I could hear the traffic going by on the street. I closed my eyes and slipped my shoes off almost without moving. Scenes from the restaurant faded in and out, jumbled with scenes from the Santa Monica rooftop. Liz stared at me from across the table, but the image kept being supplanted by Morgan Stapleton’s legs, poking out from beneath her yellow sundress, and the clear droplets running down the side of Lady Justice’s icy face as she strained to hold those scales aloft.
4
Rebecca Steele lived in New York City and hadn’t seen her father in years. I’d gotten the number from Steele and I sat at my desk and stared at it. I started dialing and then set the receiver down. I had no idea what I was going to ask her. I made a list of questions, trying to make sure I covered everything. Three thousand a week and I didn’t know how to make a phone call. Somebody was definitely getting screwed.
Ten minutes later she answered the phone and I introduced myself. She seemed neither surprised nor supportive, and maintained a controlled ambivalence toward my questions. She said, “I’m not sure what I can tell you that hasn’t already been told a hundred times.”
Perhaps, but I wanted to hear her say it anyway. I scanned my list of questions. “Your parents split up for a time, about a year and a half before the incident.” It was a question I’d gotten from reading the newspaper articles. I felt funny saying ‘incident’, but I didn’t want to say ‘murder.’ I wasn’t sure what to say. “Do you recall that?”
“Sure.” She answered like she was on autopilot.
“Do you know what that breakup was about?”
“Not really. They weren’t fighting or anything. Mom just left and went to New York. She spent about a month here with the family — with her family.”
“Sure.” The distinction between her mother’s family and her father’s was clearly important to her.
“And then they got back together. I don’t know what it was about. I was thirteen, I hated my parents anyway, so I never asked about it.”
“So, at the time of the, murder, you hadn’t noticed any renewed animosity between them?” There, I’d said it — murder — but she didn’t seem to notice or care.
“Not at all. They were busy like always. Dad had just gotten back from Alaska a few days before. He was just in town for the weekend before going back to Washington.”
I struggled for another question and had to change the subject. “Ok, let’s talk about Matt Bishop. Was he a boyfriend of yours?” It was the first thing that came to mind.

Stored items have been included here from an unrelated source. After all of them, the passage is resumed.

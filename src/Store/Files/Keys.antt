-- ===== src/Store/Files/Keys.antt =====
-- The table `task_file` by its primary key.
use download_wrapper.Base.{
  ◌≡◌, refl, ap, ap₂, ◌∙◌, inl, inr, Bool, true, false, ◌&&◌, not, Option, none, some, List, [],
  ◌∷◌, Bool-cases, if_intro, if◌then◌else◌, arith,
}
use download_wrapper.Base.Int.{ℤ, eqb_ℤ, eq_of_parts}
use download_wrapper.Text.{Text, text_eq}
use download_wrapper.Store.Files.{
  Row, has_key, on_conflict, insert_row, update_row, select_row, delete_rows,
}

pub text_eq_refl : (s : Text) → text_eq s s ≡ true
unfolding text_eq
text_eq_refl [] = refl
text_eq_refl (c ∷ s) = ground (arith, text_eq_refl s)

pub text_eq_sound : (s t : Text) → text_eq s t ≡ true → s ≡ t
unfolding text_eq
text_eq_sound [] [] h = refl
text_eq_sound [] (d ∷ t) h = cc
text_eq_sound (c ∷ s) [] h = cc
text_eq_sound (c ∷ s) (d ∷ t) h = ground (arith, text_eq_sound s t)

-- Two keys are the same.
abbrev pub same_key : Text → ℤ → Text → ℤ → Bool
same_key a j t i = text_eq a t && eqb_ℤ j i

pub same_key_sound : (a t : Text) (j i : ℤ) → same_key a j t i ≡ true → (a ≡ t) × (j ≡ i)
same_key_sound a t j i h = (text_eq_sound a t (ground arith), eq_of_parts j i (ground arith))

pub has_key_sound :
    (t : Text) (i : ℤ) (r : Row) → has_key t i r ≡ true → (r.task_id ≡ t) × (r.file_index ≡ i)
unfolding has_key
has_key_sound t i r h = same_key_sound r.task_id t r.file_index i h

has_key_lem : (t : Text) (i : ℤ) (r : Row) → has_key t i r ≡ same_key r.task_id r.file_index t i
unfolding has_key
has_key_lem t i r = refl

-- A row with a key has another key exactly when the two keys are the same.
has_key_move :
    (a t : Text) (j i : ℤ) (r : Row) → has_key a j r ≡ true → has_key t i r ≡ same_key a j t i
has_key_move a t j i r h = let (e, f) = has_key_sound a j r h in rw (has_key_lem t i r, e, f) refl

-- So two keys are different where a row has the one and not the other.
has_key_apart :
    (a t : Text) (j i : ℤ) (r : Row)
    → has_key a j r ≡ false
    → has_key t i r ≡ true
    → same_key a j t i ≡ false
has_key_apart a t j i r h k = elim (Bool-cases (same_key a j t i)) [
  | inl e ↦ let (same_id, same_index) = same_key_sound a t j i e in cc
  | inr e ↦ e
]

has_key-on_conflict :
    (t : Text) (i : ℤ) (new old : Row) → has_key t i (on_conflict new old) ≡ has_key t i old
unfolding has_key on_conflict
has_key-on_conflict t i new old = ground arith

-- The row of a key, deleted or not.
unfoldable pub lookup_row : Text → ℤ → List Row → Option Row
lookup_row t i [] = none
lookup_row t i (r ∷ rows) = if has_key t i r then some r else lookup_row t i rows

unfoldable pub merged : Row → Option Row → Row
merged new none = new
merged new (some old) = on_conflict new old

pub lookup_row-insert_row :
    (t : Text) (i : ℤ) (new : Row) (rows : List Row)
    → lookup_row t i (insert_row new rows) ≡ (
        if same_key new.task_id new.file_index t i
        then some (merged new (lookup_row t i rows))
        else lookup_row t i rows)
unfolding lookup_row insert_row merged
lookup_row-insert_row t i new [] = ground (arith, has_key_lem t i new)
lookup_row-insert_row t i new (old ∷ rows) =
    elim (Bool-cases (has_key new.task_id new.file_index old)) [
      | inl h ↦ ground (
        arith,
        has_key-on_conflict t i new old,
        has_key_move new.task_id t new.file_index i old h,
      )
      | inr h ↦ elim (Bool-cases (has_key t i old)) [
        | inl k ↦ ground (
          arith,
          has_key_apart new.task_id t new.file_index i old,
          lookup_row-insert_row t i new rows,
        )
        | inr k ↦ ground (arith, lookup_row-insert_row t i new rows)
      ]
    ]

-- The row of a key after an update.
unfoldable pub updated : Row → Option Row → Option Row
updated new none = none
updated new (some old) = if old.is_delete then some old else some new

pub lookup_row-update_row :
    (t : Text) (i : ℤ) (new : Row) (rows : List Row)
    → lookup_row t i (update_row new rows) ≡ (
        if same_key new.task_id new.file_index t i
        then updated new (lookup_row t i rows)
        else lookup_row t i rows)
unfolding lookup_row update_row updated
lookup_row-update_row t i new [] = ground arith
lookup_row-update_row t i new (old ∷ rows) =
    elim (Bool-cases (has_key new.task_id new.file_index old)) [
      | inl h ↦ ground (
        arith,
        has_key_lem t i new,
        has_key_move new.task_id t new.file_index i old h,
        lookup_row-update_row t i new rows,
      )
      | inr h ↦ elim (Bool-cases (has_key t i old)) [
        | inl k ↦ ground (
          arith,
          has_key_apart new.task_id t new.file_index i old,
          lookup_row-update_row t i new rows,
        )
        | inr k ↦ ground (arith, lookup_row-update_row t i new rows)
      ]
    ]

-- The row of a key after the deletion of a task's files.
unfoldable pub tombstone : Option Row → Option Row
tombstone none = none
tombstone (some r) = if r.is_delete then some r else some (record r { is_delete = true })

has_key_task :
    (t : Text) (i : ℤ) (a : Text) (r : Row)
    → has_key t i r ≡ true
    → text_eq r.task_id a ≡ text_eq t a
has_key_task t i a r h = let (e, f) = has_key_sound t i r h in ap (λ b. text_eq b a) e

has_key_mark :
    (t : Text) (i : ℤ) (r : Row) → has_key t i (record r { is_delete = true }) ≡ has_key t i r
unfolding has_key
has_key_mark t i r = refl

pub lookup_row-delete_rows :
    (t : Text) (i : ℤ) (a : Text) (rows : List Row)
    → lookup_row t i (delete_rows a rows)
      ≡ (if text_eq t a then tombstone (lookup_row t i rows) else lookup_row t i rows)
unfolding lookup_row delete_rows tombstone
lookup_row-delete_rows t i a [] = ground arith
lookup_row-delete_rows t i a (r ∷ rows) = elim (Bool-cases (has_key t i r)) [
  | inl h ↦ ground (arith, has_key_mark t i r, has_key_task t i a r h)
  | inr h ↦ ground (arith, has_key_mark t i r, lookup_row-delete_rows t i a rows)
]

-- The primary key: no two rows have the same key.
abbrev pub IsKeyed : List Row → Type 0
IsKeyed [] = Unit
IsKeyed (r ∷ rows) = (lookup_row r.task_id r.file_index rows ≡ none) × IsKeyed rows

unfoldable pub live_row : Option Row → Option Row
live_row none = none
live_row (some r) = if r.is_delete then none else some r

pub select_row-none :
    (t : Text) (i : ℤ) (rows : List Row) → lookup_row t i rows ≡ none → select_row t i rows ≡ none
unfolding lookup_row select_row
select_row-none t i [] h = refl
select_row-none t i (r ∷ rows) h = ground (arith, select_row-none t i rows)

lookup_row_same :
    (t : Text) (i : ℤ) (r : Row) (rows : List Row)
    → has_key t i r ≡ true
    → lookup_row r.task_id r.file_index rows ≡ lookup_row t i rows
lookup_row_same t i r rows h =
    let (e, f) = has_key_sound t i r h in ap₂ (λ a j. lookup_row a j rows) e f

-- A query finds the row of its key, if it is not deleted.
pub select_row-lookup_row :
    (t : Text) (i : ℤ) (rows : List Row)
    → IsKeyed rows
    → select_row t i rows ≡ live_row (lookup_row t i rows)
unfolding lookup_row select_row live_row
select_row-lookup_row t i [] h = refl
select_row-lookup_row t i (r ∷ rows) (h, k) = elim (Bool-cases (has_key t i r)) [
  | inl e ↦ ground (arith, select_row-none t i rows, lookup_row_same t i r rows e)
  | inr e ↦ ground (arith, select_row-lookup_row t i rows k)
]

pub text_eq_comm : (s t : Text) → text_eq s t ≡ text_eq t s
unfolding text_eq
text_eq_comm [] [] = refl
text_eq_comm [] (d ∷ t) = refl
text_eq_comm (c ∷ s) [] = refl
text_eq_comm (c ∷ s) (d ∷ t) = ground (arith, text_eq_comm s t)

on_conflict_key :
    (new old : Row)
    → ((on_conflict new old).task_id ≡ old.task_id)
      × ((on_conflict new old).file_index ≡ old.file_index)
unfolding on_conflict
on_conflict_key new old = ground arith

pub insert_row-IsKeyed :
    (new : Row) (rows : List Row) → IsKeyed rows → IsKeyed (insert_row new rows)
unfolding insert_row lookup_row
insert_row-IsKeyed new [] h = (refl, tt)
insert_row-IsKeyed new (old ∷ rows) (h, k) =
    if_intro IsKeyed (has_key new.task_id new.file_index old) (on_conflict new old ∷ rows)
      (old ∷ insert_row new rows)
      (λ e.
        let (same_id, same_index) = on_conflict_key new old in
        (ap₂ (λ a j. lookup_row a j rows) same_id same_index ∙ h, k))
      (λ e.
        let apart : same_key new.task_id new.file_index old.task_id old.file_index ≡ false =
          ground (
            arith,
            has_key_lem new.task_id new.file_index old,
            text_eq_comm new.task_id old.task_id,
          ) in
        (
          ground (arith, lookup_row-insert_row old.task_id old.file_index new rows),
          insert_row-IsKeyed new rows k,
        ))

pub update_row-IsKeyed :
    (new : Row) (rows : List Row) → IsKeyed rows → IsKeyed (update_row new rows)
unfolding update_row updated
update_row-IsKeyed new [] h = tt
update_row-IsKeyed new (old ∷ rows) (h, k) =
    let rest = update_row-IsKeyed new rows k in
    if_intro IsKeyed (has_key new.task_id new.file_index old && not old.is_delete)
      (new ∷ update_row new rows) (old ∷ update_row new rows)
      (λ e.
        let same : has_key new.task_id new.file_index old ≡ true = ground arith in
        (
          ground (
            arith,
            lookup_row-update_row new.task_id new.file_index new rows,
            lookup_row_same new.task_id new.file_index old rows same,
          ),
          rest,
        ))
      (λ e. (ground (arith, lookup_row-update_row old.task_id old.file_index new rows), rest))

pub delete_rows-IsKeyed : (a : Text) (rows : List Row) → IsKeyed rows → IsKeyed (delete_rows a rows)
unfolding delete_rows tombstone
delete_rows-IsKeyed a [] h = tt
delete_rows-IsKeyed a (r ∷ rows) (h, k) =
    let rest = delete_rows-IsKeyed a rows k in
    let gone : lookup_row r.task_id r.file_index (delete_rows a rows) ≡ none =
      ground (arith, lookup_row-delete_rows r.task_id r.file_index a rows) in
    if_intro IsKeyed (text_eq r.task_id a && not r.is_delete)
      (record r { is_delete = true } ∷ delete_rows a rows) (r ∷ delete_rows a rows)
      (λ e. (gone, rest)) (λ e. (gone, rest))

“Oh, God, no. Nothing like that.”
“How did you know him?”
“He was just a kid that was around.”
“Y’mean just a neighborhood kid that you knew from where you lived?”
“Right.”
“My impression is that Matt did not belong to the same, shall we say, social strata as your family.”
“Certainly not.”
“But you still hung out with Matt and his friends.”
“Not really, no. He was just one of those kids that was always around. He had a crush on me and he used to go out of his way to talk to me.”
“And you invited him over to your house?”
“I wouldn’t say that. If a group of kids came over, he might be in the group. But then he started just coming around.”
“But you still used to let him in.”
“Yeah. I regret it now, of course, but I was an awkward teenager. I mean, it’s easy as an adult to think you’d just tell the guy to fuck off, but when you’re fourteen or fifteen you don’t behave that way.”
“I understand.” She seemed to be talking more. I kept my questions short and tried to let her ramble.
She went on. “Truth be told, he seemed dangerous. So he was kind of exciting. Toward the end, it got kind of weird though. He started writing me notes and leaving them in my bag. They got kinda sexual, y’know.”
“Did you have that kind of relationship with him?”
“You mean sexual? God, no. I mean, he was the kind of guy you could be dirty around, so we would joke about stuff. He took it too far though, writing me really disturbing notes.”
“Were they threatening?”
“Not threatening so much as just really perverted.” She paused, thinking. “Well, I dunno, maybe in retrospect it was threatening. Like I said, I was just a kid.”